Wednesday, 12 May 2010

We used to make better films...

First off, if any actors who have replied to the casting notices for the short are reading this - thanks very much for your applications! We've had loads so it's going to take a while to go through them all but we're hoping to get back to everyone over the weekend at the latest.

Anyway, last night I went to see a couple of films screening as part of the Made in Brighton Film Festival. I mostly went to watch Luther Jones' short film The Crunch which was screening with with one of the features and didn't really know what to expect when it came to the features themselves. The first was The Gelignite Gang, a 1950s crime thriller with Brighton doubling for London. The story was classic genre stuff about two private detectives, one British the other American, intent on catching a gang of jewel thieves despite repeatedly being warned to stay off the case by the police and various shady underworld characters. It was clunky in places and a bit slow, but also had some fantastic moments, including clever use of wandering buskers who changed tunes to alert the gang that police were nearby. Some neat twists too.

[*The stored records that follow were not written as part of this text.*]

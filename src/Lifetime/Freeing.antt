-- ===== src/Lifetime/Freeing.antt =====
-- The freeing of a connection and of a listener.
use ctaps.Prelude.{
  ℕ, ◌+◌, ◌<◌, ◌≡◌, refl, ap, subst, ◌∙◌, inl, Bool, true, false, not, ◌&&◌, Option, none, some,
  List, [], arith, ◌==◌, count,
}
use ctaps.Lifetime.{
  Group, Manager, Connection, Heap, update, Run, then_run, decrement, size_max, minus_one,
  set_group, set_manager, manager_new, manager_ref, manager_unref, left_group, group_unref,
  leave_manager, find, without, drop_connection, connection_free, listener_new, listener_free,
}
use ctaps.Lifetime.Counts.{
  in_group, uses, one, Counts, IsCounted, count-without, zero_of_free, refs_of_allocated,
  allocated_of_pos, decrement-Counts, GroupCounts, ManagerCounts, update-GroupCounts,
  update-ManagerCounts,
}
use ctaps.Lifetime.Safety.{Ends, if_false, eq_self, manager_unref-runs}

abbrev unreferred : Manager → Manager
unreferred x = record x {
  ref_count = decrement minus_one x.ref_count;
  allocated = not (decrement minus_one x.ref_count == 0);
}

group_unref-runs :
    (i : ℕ) (c : Connection) (s : Heap)
    → (s.groups i).allocated ≡ true
    → (s.managers c.manager).allocated ≡ true
    → group_unref (some i) c s ≡ some (set_group i (left_group c.uuid (s.groups i)) s)
unfolding group_unref
group_unref-runs i c s a b =
    if_false (not (s.groups i).allocated) _ _ (ground (arith, a))
    ∙ if_false
        (decrement size_max (s.groups i).ref_count == 0 && not (s.managers c.manager).allocated) _ _
        (ground (arith, b))

module _ (s : Heap) (v : IsCounted s) (c : Connection)
    (f : find c.uuid s.connections ≡ some c) where
  abbrev fewer : List Connection
  fewer = without c.uuid s.connections

  user : 0 < count (uses c.manager) s.connections
  user =
      let e = count-without (uses c.manager) c.uuid s.connections c f in
      ground (arith, e, eq_self c.manager)

  manager_allocated : (s.managers c.manager).allocated ≡ true
  manager_allocated = allocated_of_pos (v.managers c.manager) (omega (arith, user))

  in_it : (i : ℕ) → c.group ≡ some i → in_group i c ≡ true
  in_it i g = rw g (eq_self i)

  member_allocated : (i : ℕ) → c.group ≡ some i → (s.groups i).allocated ≡ true
  member_allocated i g =
      let e = count-without (in_group i) c.uuid s.connections c f in
      allocated_of_pos (v.groups i) (ground (arith, e, in_it i g))

  -- The groups after the connection has left its own.
  abbrev groups_after : Option ℕ → ℕ → Group
  groups_after none = s.groups
  groups_after (some i) = update s.groups i (left_group c.uuid (s.groups i))

  outside : (p : Connection → Bool) → p c ≡ false → count p s.connections ≡ count p fewer
  outside p h = ground (arith, h, count-without p c.uuid s.connections c f)

  inside : (p : Connection → Bool) → p c ≡ true → count p fewer + 1 ≡ count p s.connections
  inside p h = ground (arith, h, count-without p c.uuid s.connections c f)

  left-GroupCounts : (o : Option ℕ) → c.group ≡ o → (j : ℕ) → GroupCounts (groups_after o) fewer j
  left-GroupCounts none g j =
      subst (Counts (s.groups j).allocated (s.groups j).ref_count)
        (outside (in_group j) (in_none j)) (v.groups j)
    where
      in_none : (k : ℕ) → in_group k c ≡ false
      in_none k = rw g
  left-GroupCounts (some i) g j =
      update-GroupCounts fewer s.groups (left_group c.uuid (s.groups i)) i
        (decrement-Counts size_max (s.groups i).ref_count (count (in_group i) s.connections)
          (count (in_group i) fewer) (refs_of_allocated (v.groups i) (member_allocated i g)).0
          (inside (in_group i) (in_it i g)))
        (λ k p.
          subst (Counts (s.groups k).allocated (s.groups k).ref_count)
            (outside (in_group k) (in_other k p)) (v.groups k))
        j
    where
      in_other : (k : ℕ) → (k == i) ≡ false → in_group k c ≡ false
      in_other k p = rw g (ground (arith, p))

  -- The heap after the connection has left its group, and the manager after it has left.
  abbrev left : Option ℕ → Heap
  left o = leave_manager c (record s { groups = groups_after o })

  abbrev manager_after : Option ℕ → Manager
  manager_after o = unreferred ((left o).managers c.manager)

  group_left :
      (o : Option ℕ) → c.group ≡ o → group_unref o c s ≡ some (record s { groups = groups_after o })
  group_left none g = unfold group_unref in refl
  group_left (some i) g = group_unref-runs i c s (member_allocated i g) manager_allocated

  left-ManagerCounts :
      (o : Option ℕ) (j : ℕ)
      → ManagerCounts (update (left o).managers c.manager (manager_after o)) fewer j
  left-ManagerCounts o =
      update-ManagerCounts fewer (left o).managers (manager_after o) c.manager
        (rw (eq_self c.manager) (
          decrement-Counts minus_one (s.managers c.manager).ref_count
            (count (uses c.manager) s.connections + one (s.managers c.manager).has_listener)
            (count (uses c.manager) fewer + one (s.managers c.manager).has_listener)
            (refs_of_allocated (v.managers c.manager) manager_allocated).0
            (omega (arith, inside (uses c.manager) (eq_self c.manager)))))
        (λ k p. rw p (
          subst
            (λ n.
              Counts (s.managers k).allocated (s.managers k).ref_count
                (n + one (s.managers k).has_listener))
            (outside (uses k) (ground (arith, p))) (v.managers k)))

  pub free-Ends : Ends (connection_free c s)
  unfolding connection_free
  free-Ends = go c.group refl
    where
      last :
          (o : Option ℕ)
          → manager_unref c.manager (left o)
            ≡ some (set_manager c.manager (manager_after o) (left o))
      last o = manager_unref-runs c.manager (left o) (rw (eq_self c.manager) manager_allocated)

      rest : Heap → Run
      rest t =
          then_run (manager_unref c.manager (leave_manager c t)) (λ w. some (drop_connection c w))

      go : (o : Option ℕ) → c.group ≡ o → Ends (connection_free c s)
      go o g = (
        drop_connection c (set_manager c.manager (manager_after o) (left o)),
        ap (λ r. then_run r rest) (ap (λ x. group_unref x c s) g ∙ group_left o g)
            ∙ ap (λ r. then_run r (λ w. some (drop_connection c w))) (last o),
        record { groups = left-GroupCounts o g; managers = left-ManagerCounts o },
      )

module _ (s : Heap) (v : IsCounted s) (m : ℕ) where
  abbrev new_manager : Manager
  new_manager = record {
    ref_count = 0;
    all_connections = [];
    has_listener = true;
    allocated = true;
  }

  abbrev kept_manager : Manager
  kept_manager = record {
    ref_count = 1;
    all_connections = [];
    has_listener = true;
    allocated = true;
  }

  pub listen-Ends : (s.managers m).allocated ≡ false → Ends (listener_new m s)
  unfolding listener_new manager_new manager_ref
  listen-Ends a =
      let zero_users = zero_of_free (v.managers m) a in
      (
        record s { managers = update (update s.managers m new_manager) m kept_manager },
        rw (eq_self m),
        record {
          groups = v.groups;
          managers =
              update-ManagerCounts s.connections (update s.managers m new_manager) kept_manager m
                (inl (refl, omega (arith, zero_users), omega arith)) (λ j p. rw p (v.managers j));
        },
      )

  abbrev unheard : Manager
  unheard = record (s.managers m) { has_listener = false }

  abbrev without_listener : Heap
  without_listener = set_manager m unheard s

  pub unlisten-Ends : (s.managers m).has_listener ≡ true → Ends (listener_free m s)
  unfolding listener_free
  unlisten-Ends l =
      let n = count (uses m) s.connections in
      let a = allocated_of_pos (v.managers m) (ground (arith, l)) in
      let r = refs_of_allocated (v.managers m) a in
      (
        set_manager m (unreferred (without_listener.managers m)) without_listener,
        if_false (not (s.managers m).has_listener) _ _ (ground (arith, l))
            ∙ manager_unref-runs m without_listener (rw (eq_self m) a),
        record {
          groups = v.groups;
          managers =
              update-ManagerCounts s.connections without_listener.managers
                (unreferred (without_listener.managers m)) m
                (rw (eq_self m) (
                  decrement-Counts minus_one (s.managers m).ref_count (n + 1) (n + 0)
                    (ground (arith, r.0, l)) (omega arith)))
                (λ j p. rw p (v.managers j));
        },
      )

The second was The Big Switch, a 60s crime thriller directed by Pete Walker about a photographer caught up in a body-switching plot. Brighton featured much more prominently in this film, with several scenes of the characters driving along the seafront and a final shootout on the West Pier. It was very cool and also unintentionally hilarious. But there was something very British about the scenes that now seem funny. The driving, for example, was funny because of its realism - cars would stall, make awkward turns, have to wait for passing traffic and all the time the energetic jazz soundtrack was struggling to make this seem exciting. Another great moment was in the bad guys' 'hideout' where the hero and his girl are being held prisoner. On the day they are to be killed they sit with the head henchman eating breakfast from plates on their laps - it was a bizarrely domestic, pedestrian scene for what should be a high tension moment. And there's something very British about that.

What struck me as interesting was that I'd never heard of or seen either film in connection with Brighton or British filmmaking, and maybe the reasons for that are obvious. But it was further proof that we used capable of producing solid genre films in this country, and that we used to be make genre films outside of London. It was also kind of cool seeing the short films of contemporary Brighton filmmakers next to films that people seem to have forgotten were filmed here.